Developed autonomous navigation logic for a LiDAR-equipped robot capable of navigating to any user-specified coordinate. The system was deployed and managed using ROS2 and Docker, and simulated using Foxglove for visual debugging.
The core navigation stack implements A* Pathfinding for global path planning and Pure Pursuit Controls for local trajectory following — all written in C++.
The core navigation stack implements A* Pathfinding for global path planning and Pure Pursuit Controls for local trajectory following — all written in C++. Uses tf2 for geometric calculations for navigation.
Scans input packets from LiDAR sensor and creates a costmap based on input. Real-time updates of costmap occur, managed with ROS2, to create a fully updated occupancy grid used in navigation.
Nodes were structured as a pub/sub system with separate packages for perception, planning, and control.
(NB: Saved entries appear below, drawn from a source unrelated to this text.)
-- ===== src/Wire/Hash.antt =====
-- tssd/tssd.go: `hash`, the default of HashFunc and ChecksumFunc, over md5 and hex; and the id that
-- `Flat.TID` of tssd/flat.go makes of random bytes.
use tssdgo.Prelude.{
  ℕ, zero, suc, ◌+◌, ◌-◌, ◌*◌, ◌%◌, ◌<◌, ◌≡◌, refl, Option, none, some, List, [], ◌∷◌, ◌++◌, length,
  take, drop, length-append, length-take, length-drop, le→ltb, ltb, if◌then◌else◌, arith,
}
use tssdgo.Wire.{Result, ok, panic, ◌>>=◌}

module _ (md5_sum : List ℕ → List ℕ) (encode_to_string : List ℕ → List ℕ) where
  -- The first six characters and the last six.
  unfoldable pub hash : List ℕ → Result (List ℕ)
  hash types =
      let s = encode_to_string (md5_sum types) in
      if ltb (length s) 6 then panic else ok (take 6 s ++ drop (length s - 6) s)

  -- A sum of md5 has 16 bytes, and hex writes two characters for each: `hash` does not panic, and its
  -- result has 12 bytes, whatever is hashed.
  pub length-hash :
      ((bs : List ℕ) → length (md5_sum bs) ≡ 16)
      → ((bs : List ℕ) → length (encode_to_string bs) ≡ 2 * length bs)
      → (types : List ℕ) → (h : List ℕ) × (hash types ≡ ok h) × (length h ≡ 12)
  unfolding hash
  length-hash sums doubled types =
      let s = encode_to_string (md5_sum types) in
      let long : length s ≡ 32 = omega (arith, doubled (md5_sum types), sums types) in
      (
        take 6 s ++ drop (length s - 6) s,
        rw (le→ltb (length s) 6 (omega (arith, long))) refl,
        omega (
          arith,
          long,
          length-append (take 6 s) (drop (length s - 6) s),
          length-take 6 s,
          length-drop (length s - 6) s,
        ),
      )

-- a to z, A to Z, 0 to 9.
abbrev count_up : ℕ → ℕ → List ℕ
count_up zero c = []
count_up (suc n) c = c ∷ count_up n (c + 1)

abbrev pub charset : List ℕ
charset = count_up 26 b'a' ++ (count_up 26 b'A' ++ count_up 10 b'0')

-- An index into a string panics behind its end.
abbrev pub char_at : List ℕ → ℕ → Result ℕ
char_at [] i = panic
char_at (c ∷ cs) zero = ok c
char_at (c ∷ cs) (suc i) = char_at cs i

-- The loop of `TID`.
unfoldable pub tid_chars : List ℕ → Result (List ℕ)
tid_chars [] = ok []
tid_chars (b ∷ bs) = char_at charset (b % 62) >>= λ c. tid_chars bs >>= λ cs. ok (c ∷ cs)

-- `TID`, with what `rand.Read` answers for ten bytes; `none` is its error.
unfoldable pub random_tid : Option (List ℕ) → Result (List ℕ)
random_tid none = ok []
random_tid (some bs) = tid_chars bs

char_at-below : (cs : List ℕ) (i : ℕ) → i < length cs → (c : ℕ) × (char_at cs i ≡ ok c)
char_at-below [] i h = absurd (omega arith)
char_at-below (c ∷ cs) zero h = (c, refl)
char_at-below (c ∷ cs) (suc i) h = char_at-below cs i (omega arith)

-- `TID` does not panic, and makes a character of each random byte.
pub length-tid_chars :
    (bs : List ℕ) → (cs : List ℕ) × (tid_chars bs ≡ ok cs) × (length cs ≡ length bs)
unfolding tid_chars
length-tid_chars [] = ([], refl, refl)
length-tid_chars (b ∷ bs) =
    let (c, e) = char_at-below charset (b % 62) (omega arith) in
    let (cs, r, n) = length-tid_chars bs in (c ∷ cs, rw (e, r) refl, omega (arith, n))
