-- ===== src/BraceletEdges/Pages/Chain.antt =====
-- Lists of the pages of `dlsym`, for the loop of `visit_edge_inner` of bracelet-edges.cpp.
use bracelet.Prelude.{
  ◌+◌, ◌%◌, ◌^◌, ◌≤◌, ◌⊎◌, inl, inr, ◌∷◌, length, take-append, ℕ, zero, suc, ◌<◌, ◌≡◌, ◌≢◌, refl,
  sym, ◌∙◌, List, [], ◌++◌, ok, for_each, for_each-append, bind_ext, ==_ne, arith,
}
use bracelet.Edges.Node.{Node}
use bracelet.Tracing.Simplify.{number_of_bytes}
use bracelet.BraceletEdges.Visitor.{Facts, PrintingOptions, EdgeOutputVisitor}
use bracelet.BraceletEdges.Pages.{min_of, pointer_at, page_pointers, assign_symbol, visit_pages}

-- A list of `n` pages that ends with a null pointer, and the pointers on the pages, in order. A page is
-- the pointer to the next page, a count in 8 bytes, and 2046 words, of which the first are its pointers:
-- as many as the count says, but no more than the words.
pub data Chain (facts : Facts) : ℕ → ℕ → List ℕ → Type 0 where
  last : Chain facts 0 0 []
  page :
      (addr next n : ℕ) (count here spare rest : List ℕ)
      → addr ≢ 0
      → facts.copy_data 8 ((addr + 8) % 2 ^ 64) ≡ ok count
      → facts.resolve_pointers 2046 ((addr + 16) % 2 ^ 64) ≡ ok (here ++ spare)
      → ((length here ≡ number_of_bytes count) × (number_of_bytes count ≤ 2046))
        ⊎ ((length here ≡ 2046) × (2046 < number_of_bytes count))
      → facts.resolve_pointers 1 addr ≡ ok (next ∷ [])
      → Chain facts next n rest
      → Chain facts addr (suc n) (here ++ rest)

page_pointers_eq :
    (facts : Facts) (addr : ℕ) (count here spare : List ℕ)
    → facts.copy_data 8 ((addr + 8) % 2 ^ 64) ≡ ok count
    → facts.resolve_pointers 2046 ((addr + 16) % 2 ^ 64) ≡ ok (here ++ spare)
    → ((length here ≡ number_of_bytes count) × (number_of_bytes count ≤ 2046))
      ⊎ ((length here ≡ 2046) × (2046 < number_of_bytes count))
    → page_pointers facts addr ≡ ok here
unfolding page_pointers
page_pointers_eq facts addr count here spare p q bound =
    let least : min_of (number_of_bytes count) 2046 ≡ length here = elim bound [
      | inl (exact, fits) ↦ ground (arith, exact, fits)
      | inr (full, above) ↦ ground (arith, full, above)
    ] in
    rw (p, q, least, take-append here spare)

pointer_at_eq :
    (facts : Facts) (addr next : ℕ)
    → facts.resolve_pointers 1 addr ≡ ok (next ∷ [])
    → pointer_at facts addr ≡ ok next
unfolding pointer_at
pointer_at_eq facts addr next q = rw q

-- On a list of pages that ends, more rounds than there are pages are enough, and the loop prints an
-- assignment for each pointer of the pages, in order, up to the first error.
pub visit_pages-for_each :
    (facts : Facts) (options : PrintingOptions) (dlsym_output : Node) (fuel addr n : ℕ)
    (pointers : List ℕ) (v : EdgeOutputVisitor)
    → Chain facts addr n pointers
    → n < fuel
    → visit_pages facts options fuel dlsym_output addr v
      ≡ for_each (assign_symbol facts options dlsym_output) pointers v
unfolding visit_pages
visit_pages-for_each facts options to zero addr n pointers v c h = absurd (omega (arith, h))
visit_pages-for_each facts options to (suc fuel) addr n pointers v last h = refl
visit_pages-for_each facts options to (suc fuel) addr n pointers v
      (page addr' next m count here spare rest ne p r bound q c) h =
    rw
      (
        visit_pages,
        ==_ne addr' 0 ne,
        page_pointers_eq facts addr' count here spare p r bound,
        pointer_at_eq facts addr' next q,
      )
      (bind_ext (for_each (assign_symbol facts options to) here v) _ _
          (λ v'. visit_pages-for_each facts options to fuel next m rest v' c (omega (arith, h)))
        ∙ sym (for_each-append (assign_symbol facts options to) here rest v))
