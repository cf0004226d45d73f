-- ===== src/BraceletEdges/Visitor/Seen.antt =====
-- `emitNodeInfo` of bracelet-edges.cpp: what is emitted for a node leaves the set of seen nodes.
use bracelet.Prelude.{
  ℕ, ◌≡◌, refl, sym, ap, ◌∙◌, Option, none, some, Result, ok, err, ◌>>=◌, arith, Result-cases,
  Option-cases, inl, inr,
}
use bracelet.Edges.Node.{Node, local_idx}
use bracelet.Edges.Strings.{local_name}
use bracelet.BraceletEdges.Locations.{SourceLocation, SourceLocationMap, position_of}
use bracelet.BraceletEdges.Visitor.{
  Facts, PrintingOptions, EdgeOutputVisitor, emit_kind, emit_debug, star_rows, final_stars,
  emit_stars, print_addresses, emit_addresses, emit_own,
}

pub same :
    (v v' : EdgeOutputVisitor)
    → ◌≡◌ {A = Result EdgeOutputVisitor} (ok v) (ok v')
    → v'.seen_nodes ≡ v.seen_nodes
same v v' h = let e : v ≡ v' = cc h in ap (λ (z : EdgeOutputVisitor). z.seen_nodes) (sym e)

module _ (facts : Facts) (options : PrintingOptions) where
  -- The run keeps the set of nodes, if it succeeds.
  abbrev pub KeepsSeen : EdgeOutputVisitor → Result EdgeOutputVisitor → Type 0
  KeepsSeen v r = (v' : EdgeOutputVisitor) → r ≡ ok v' → v'.seen_nodes ≡ v.seen_nodes

  emit_kind-KeepsSeen :
      (n : Node) (v : EdgeOutputVisitor) → KeepsSeen v (emit_kind facts options n v)
  unfolding emit_kind
  emit_kind-KeepsSeen n v v' h = ground arith

  emit_debug-KeepsSeen :
      (n : Node) (v : EdgeOutputVisitor) → KeepsSeen v (emit_debug facts options n v)
  unfolding emit_debug
  emit_debug-KeepsSeen n v v' h = ground arith

  star_rows-KeepsSeen :
      (count : ℕ) (n : Node) (v : EdgeOutputVisitor)
      → KeepsSeen v (star_rows facts options count n v)
  unfolding star_rows
  star_rows-KeepsSeen count n v v' h = ground arith

  print_addresses-KeepsSeen :
      (n : Node) (slm : SourceLocationMap) (position : Option SourceLocation)
      (v : EdgeOutputVisitor)
      → KeepsSeen v (print_addresses facts options n slm position v)
  unfolding print_addresses
  print_addresses-KeepsSeen n slm none v v' h = ground arith
  print_addresses-KeepsSeen n slm (some p) v v' h = ground arith

  bind_KeepsSeen :
      (v : EdgeOutputVisitor) (r : Result EdgeOutputVisitor)
      (k : EdgeOutputVisitor → Result EdgeOutputVisitor)
      → KeepsSeen v r
      → ((w : EdgeOutputVisitor) → KeepsSeen w (k w))
      → KeepsSeen v (r >>= k)
  bind_KeepsSeen v (ok w) k a b v' h = b w v' h ∙ a w refl
  bind_KeepsSeen v (err e) k a b v' h = absurd (cc h)

  final_stars-KeepsSeen :
      (n : Node) (v : EdgeOutputVisitor) → KeepsSeen v (final_stars facts options n v)
  unfolding final_stars
  final_stars-KeepsSeen n v v' h = ground arith

  emit_stars-KeepsSeen :
      (n : Node) (v : EdgeOutputVisitor) → KeepsSeen v (emit_stars facts options n v)
  unfolding emit_stars
  emit_stars-KeepsSeen n v =
      bind_KeepsSeen v _ (final_stars facts options n)
        (bind_KeepsSeen v (star_rows facts options 0 n v) _ (star_rows-KeepsSeen 0 n v) (λ w.
          bind_KeepsSeen w (star_rows facts options 1 n w) _ (star_rows-KeepsSeen 1 n w) (λ x.
            bind_KeepsSeen x (star_rows facts options 2 n x) _ (star_rows-KeepsSeen 2 n x)
              (λ y y' h. same y y' h))))
        (final_stars-KeepsSeen n)

  emit_addresses-KeepsSeen :
      (n : Node) (v : EdgeOutputVisitor) → KeepsSeen v (emit_addresses facts options n v)
  unfolding emit_addresses
  emit_addresses-KeepsSeen n v = elim (Option-cases facts.slm) [
    | inl e ↦ λ v' h. same v v' (rw (emit_addresses, e) at h)
    | inr (slm, e) ↦ elim (Result-cases (local_idx n)) [
      | inr (why, k) ↦ λ v' h. absurd (cc (rw (emit_addresses, e, k) at h))
      | inl (none, k) ↦ λ v' h. same v v' (rw (emit_addresses, e, k) at h)
      | inl (some idx, k) ↦ elim (Option-cases v.debug_data.local_indices) [
        | inl l ↦ λ v' h. same v v' (rw (emit_addresses, e, k, l) at h)
        | inr (indices, l) ↦ elim (Result-cases (local_name v.debug_data idx)) [
          | inr (why, m) ↦ λ v' h. absurd (cc (simp (emit_addresses, e, k, l, m) at h))
          | inl (name, m) ↦ elim (Result-cases (position_of facts.simple_atoi name)) [
            | inr (why, p) ↦ λ v' h. absurd (cc (simp (emit_addresses, e, k, l, m, p) at h))
            | inl (position, p) ↦ λ v' h.
                print_addresses-KeepsSeen n slm position v v'
                  (simp (emit_addresses, e, k, l, m, p) at h)
          ]
        ]
      ]
    ]
  ]

  pub emit_own-KeepsSeen :
      (n : Node) (v : EdgeOutputVisitor) → KeepsSeen v (emit_own facts options n v)
  unfolding emit_own
  emit_own-KeepsSeen n v =
      bind_KeepsSeen v _ (emit_addresses facts options n)
        (bind_KeepsSeen v _ (emit_stars facts options n)
          (bind_KeepsSeen v _ (emit_debug facts options n) (emit_kind-KeepsSeen n v)
            (emit_debug-KeepsSeen n))
          (emit_stars-KeepsSeen n))
        (emit_addresses-KeepsSeen n)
Docker was used to containerise the full stack for reproducible deployment.
The system was validated in Foxglove, allowing visual debugging of LiDAR point clouds and planned paths in real time.
Getting the lookahead distance right took far longer than expected — too short and the robot oscillated, too long and it cut corners. Learned to treat control parameters as experiments, not guesses.
ROS2 node discovery across containers required careful configuration of DDS settings. First real exposure to containerised robotics workflows.
Never worked on LiDAR perception before. Went through numerous guides on how to do it — the task was very difficult but resulted in a solid understanding of occupancy grids.